* **ABOUT THIS TASK**:
Only the lines from the start of the entries through the line with "-- The base" are wanted; please output them exactly.

[EXERCISE DATA Boundary: Start]

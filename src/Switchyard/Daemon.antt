-- ===== src/Switchyard/Daemon.antt =====
-- cmd/switchyard/daemon.go. What it prints is left out; what stands at a path is an argument, and
-- so is the gateway's answer to each of the calls.
pub mod Laws
pub mod Served
pub mod Relay
use nexus_ai_gateway.Prelude.{
  ℕ, String, ◌^◌, Bool, true, false, not, Option, none, some, List, [], ◌∷◌, ◌==◌, eqb,
  if◌then◌else◌, trim_end, decimal,
}
use nexus_ai_gateway.Config.{Env, getenv}
use nexus_ai_gateway.Domain.Errors.{Err, nil, plain, error_text, Result, ok, err}
use nexus_ai_gateway.Switchyard.Safety.{ExecutionPolicy, approve, parse_policy, Git}
use nexus_ai_gateway.Switchyard.Edits.{ProposedEdit, Files, Disk, World, apply_edits_with_policy}
use nexus_ai_gateway.Switchyard.Context.{Found, expand_prompt_context}
use nexus_ai_gateway.Switchyard.Parsing.{parse_proposed_edits}
use nexus_ai_gateway.Switchyard.Calls.{
  Credentials, ChatMessage, ChatCall, Exchange, ChatResult, send_chat_conversation,
}

-- The part of a task that the daemon decodes.
pub record RemoteTaskResponse : Type 0 where
  pub id : String
  pub project_id : String
  pub prompt : String
  pub preset : String
  pub policy : String
  pub budget : ℕ
  pub status : String

-- The base URL and the project of `StartDaemonWorker`.
unfoldable pub daemon_url : Option Credentials → String → String
daemon_url creds url =
    let stored : String = elim creds [ none ↦ "" | some c ↦ c.base_url ] in
    let chosen = if url == "" then stored else url in
    trim_end b'/' (if chosen == "" then "http://localhost:8080" else chosen)

unfoldable pub daemon_project : Option Credentials → String → Result String
daemon_project creds project_id =
    let stored : String = elim creds [ none ↦ "" | some c ↦ c.project_id ] in
    let chosen = if project_id == "" then stored else project_id in
    if chosen == ""
    then err (
        plain
          "project_id is required for daemon worker. Run 'switchyard login' first or pass -project <id>")
    else ok chosen

-- What comes of a call: no answer, or a status with what decoding the body gives.
pub data Answer (A : Type 0) : Type 0 where
  unreachable : Err → Answer A
  received : ℕ → Result A → Answer A

-- The gateway, with a state of its own.
pub record Gateway : Type 1 where
  pub State : Type 0
  -- GET /v1/tasks/pending, for a project
  pub pending : String → State → Answer (List RemoteTaskResponse)
  -- POST /v1/tasks/{id}/claim, for a worker
  pub claim : String → String → State → Answer Unit × State
  -- POST /v1/tasks/{id}/complete, with summary, diff and the mark of a failure
  pub complete : String → String → String → Bool → State → Answer Unit × State

unfoldable pub read_pending : Answer (List RemoteTaskResponse) → Result (List RemoteTaskResponse)
read_pending (unreachable e) = err e
read_pending (received code body) =
    if not (eqb code 200) then err (plain ("gateway returned status " ^ decimal code)) else body

-- The error of a call whose body is not read.
unfoldable pub read_status : String → Answer Unit → Err
read_status what (unreachable e) = e
read_status what (received code body) =
    if not (eqb code 200) then plain (what ^ decimal code) else nil

-- What the machine of the worker gives: credentials, variables, the transport of the chat, what stands at
-- the paths that prompts mention, the disk and Git.
pub record Worker : Type 0 where
  pub credentials : Option Credentials
  pub env : Env
  pub transport : ChatCall → Exchange
  pub stat : String → Found
  pub disk : Disk
  pub git : Git

pub record Outcome : Type 0 where
  pub summary : String
  pub diff : String
  pub failed : Bool

unfoldable pub worker_key : Worker → String
worker_key w =
    let plain_key = getenv w.env "SWITCHYARD_API_KEY" in
    if plain_key == "" then elim w.credentials [ none ↦ "" | some c ↦ c.api_key ] else plain_key

unfoldable pub worker_url : Worker → String
worker_url w =
    let plain_url = getenv w.env "SWITCHYARD_BASE_URL" in
    let stored : String = elim w.credentials [ none ↦ "" | some c ↦ c.base_url ] in
    let chosen = if plain_url == "" then stored else plain_url in
    if chosen == "" then "http://localhost:8080" else chosen

unfoldable pub diff_of : List ProposedEdit → String
diff_of [] = ""
diff_of (e ∷ es) =
    "--- "
    ^ (e.file_path ^ ("\n+++ " ^ (e.file_path ^ ("\n" ^ (e.new_text ^ ("\n\n" ^ diff_of es))))))

-- From what `ApplyEditsWithPolicy` returns.
unfoldable pub outcome_of : List ProposedEdit → World → List Err → Outcome
outcome_of edits w [] = record {
  summary =
      "Applied "
      ^ (decimal w.applied
          ^ (" file modifications cleanly (" ^ (decimal w.blocked ^ " blocked).")));
  diff = diff_of edits;
  failed = false;
}
outcome_of edits w (e ∷ _) = record {
  summary =
      "Applied "
      ^ (decimal w.applied
          ^ (" edits, " ^ (decimal w.blocked ^ (" blocked, error: " ^ error_text e))));
  diff = diff_of edits;
  failed = true;
}

-- What is done with the answer of the model.
unfoldable pub carry_out :
    Worker → ExecutionPolicy → String → List ProposedEdit → Files → List String → Outcome × Files
carry_out w policy content [] files answers =
    (record { summary = content; diff = ""; failed = false }, files)
carry_out w policy content (e ∷ es) files answers =
    let world = apply_edits_with_policy w.disk w.git policy (e ∷ es) files answers in
    (outcome_of (e ∷ es) world world.errs, world.files)

-- `none` for the edits is a parser out of fuel, which does not happen.
unfoldable pub with_edits :
    Worker
    → ExecutionPolicy
    → String
    → Option (List ProposedEdit)
    → Files
    → List String
    → Outcome × Files
with_edits w policy content none files answers =
    (record { summary = ""; diff = ""; failed = true }, files)
with_edits w policy content (some edits) files answers =
    carry_out w policy content edits files answers

unfoldable pub with_result :
    Worker → ExecutionPolicy → Result ChatResult → Files → List String → Outcome × Files
with_result w policy (err e) files answers =
    (record { summary = "Execution error: " ^ error_text e; diff = ""; failed = true }, files)
with_result w policy (ok r) files answers =
    with_edits w policy r.content (parse_proposed_edits r.content) files answers

-- `executeRemoteTaskLocally`, on the files and the lines typed at the terminal.
unfoldable pub execute_remote_task_locally :
    Worker → String → ExecutionPolicy → ℕ → String → Files → List String → Outcome × Files
execute_remote_task_locally w preset policy budget prompt files answers =
    with_result w policy
      (send_chat_conversation w.transport w.credentials w.env (worker_url w) (worker_key w) preset
        (record { role = "user"; content = (expand_prompt_context w.stat prompt).0 } ∷ []) true
        policy budget).0
      files answers

unfoldable pub policy_or_approve : Result ExecutionPolicy → ExecutionPolicy
policy_or_approve (ok policy) = policy
policy_or_approve (err _) = approve

-- Whether a task was executed, the error, and what is left.
pub record Polled (S : Type 0) : Type 0 where
  pub executed : Bool
  pub error : Err
  pub gateway : S
  pub files : Files

module _ (g : Gateway) (w : Worker) where
  open g use {State, pending, claim, complete}

  unfoldable pub run_task : String → RemoteTaskResponse → List String → Files → State → Polled State
  run_task worker_id task answers files s =
      let policy = policy_or_approve (parse_policy task.policy) in
      let (outcome, files') =
        execute_remote_task_locally w task.preset policy task.budget task.prompt files answers in
      let (reply, s') = complete task.id outcome.summary outcome.diff outcome.failed s in
      record {
        executed = true;
        error = read_status "complete failed status " reply;
        gateway = s';
        files = files';
      }

  unfoldable pub after_claim :
      String → RemoteTaskResponse → List String → Files → Err → State → Polled State
  after_claim worker_id task answers files nil s = run_task worker_id task answers files s
  after_claim worker_id task answers files e s = record {
    executed = false;
    error = e;
    gateway = s;
    files = files;
  }

  unfoldable pub poll_pending :
      String → List String → Files → State → Result (List RemoteTaskResponse) → Polled State
  poll_pending worker_id answers files s (err e) = record {
    executed = false;
    error = e;
    gateway = s;
    files = files;
  }
  poll_pending worker_id answers files s (ok []) = record {
    executed = false;
    error = nil;
    gateway = s;
    files = files;
  }
  poll_pending worker_id answers files s (ok (task ∷ _)) =
      let (reply, s') = claim task.id worker_id s in
      after_claim worker_id task answers files (read_status "claim failed status " reply) s'

  -- `PollAndExecuteSingleTask`
  unfoldable pub poll_and_execute_single_task :
      String → String → List String → Files → State → Polled State
  poll_and_execute_single_task project_id worker_id answers files s =
      poll_pending worker_id answers files s (read_pending (pending project_id s))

[EXERCISE DATA Boundary: End]

* **OUTPUT OF THE EXERCISE**:
filename src/Switchyard/Daemon.antt
-- ===== src/Switchyard/Daemon.antt =====
-- cmd/switchyard/daemon.go. What it prints is left out; what stands at a path is an argument, and
-- so is the gateway's answer to each of the calls.
pub mod Laws
pub mod Served
pub mod Relay
use nexus_ai_gateway.Prelude.{
  ℕ, String, ◌^◌, Bool, true, false, not, Option, none, some, List, [], ◌∷◌, ◌==◌, eqb,
  if◌then◌else◌, trim_end, decimal,
}
use nexus_ai_gateway.Config.{Env, getenv}
use nexus_ai_gateway.Domain.Errors.{Err, nil, plain, error_text, Result, ok, err}
use nexus_ai_gateway.Switchyard.Safety.{ExecutionPolicy, approve, parse_policy, Git}
use nexus_ai_gateway.Switchyard.Edits.{ProposedEdit, Files, Disk, World, apply_edits_with_policy}
use nexus_ai_gateway.Switchyard.Context.{Found, expand_prompt_context}
use nexus_ai_gateway.Switchyard.Parsing.{parse_proposed_edits}
use nexus_ai_gateway.Switchyard.Calls.{
  Credentials, ChatMessage, ChatCall, Exchange, ChatResult, send_chat_conversation,
}

-- The part of a task that the daemon decodes.
pub record RemoteTaskResponse : Type 0 where
  pub id : String
  pub project_id : String
  pub prompt : String
  pub preset : String
  pub policy : String
  pub budget : ℕ
  pub status : String

-- The base URL and the project of `StartDaemonWorker`.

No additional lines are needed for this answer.